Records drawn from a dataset
• • • • • • •

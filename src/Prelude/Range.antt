-- ===== src/Prelude/Range.antt =====
-- A small range of numbers is checked value by value.
use Prim.Native.Nat.{ℕ, zero, suc, ◌<◌}
use mathlib.Core.Path.{◌≡◌}
use mathlib.Core.Bool.{Bool, true, ◌&&◌}
use native.Mathlib.Omega.{arith}
use flashfloppy_testbed.Prelude.Tests.{◌==◌, ==_iff}

unfoldable pub all_below : ℕ → (ℕ → Bool) → Bool
all_below zero test = true
all_below (suc n) test = test n && all_below n test

pub all_below-lt :
    (n : ℕ) (test : ℕ → Bool) (x : ℕ) → all_below n test ≡ true → x < n → test x ≡ true
unfolding all_below
all_below-lt zero test x h lt = absurd (omega arith)
all_below-lt (suc n) test x h lt = ground (arith, all_below-lt n test x)

-- Two functions that a check finds equal below `n` are equal there.
pub eq_below :
    (n : ℕ) (f g : ℕ → ℕ) (x : ℕ) → all_below n (λ (y : ℕ). f y == g y) ≡ true → x < n → f x ≡ g x
eq_below n f g x h lt = (==_iff (f x) (g x)).0 (all_below-lt n (λ (y : ℕ). f y == g y) x h lt)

• • • • • • •

▶ [HOW TO COMPLETE THIS TASK]: All lines from the one with "unfolding all_below" through the end of the records need to be copied exactly, and no other lines.

▶ [SOLUTION BELOW]:
unfolding all_below
all_below-lt zero test x h lt = absurd (omega arith)
all_below-lt (suc n) test x h lt = ground (arith, all_below-lt n test x)

-- Two functions that a check finds equal below `n` are equal there.
pub eq_below :
    (n : ℕ) (f g : ℕ → ℕ) (x : ℕ) → all_below n (λ (y : ℕ). f y == g y) ≡ true → x < n → f x ≡ g x
eq_below n f g x h lt = (==_iff (f x) (g x)).0 (all_below-lt n (λ (y : ℕ). f y == g y) x h lt)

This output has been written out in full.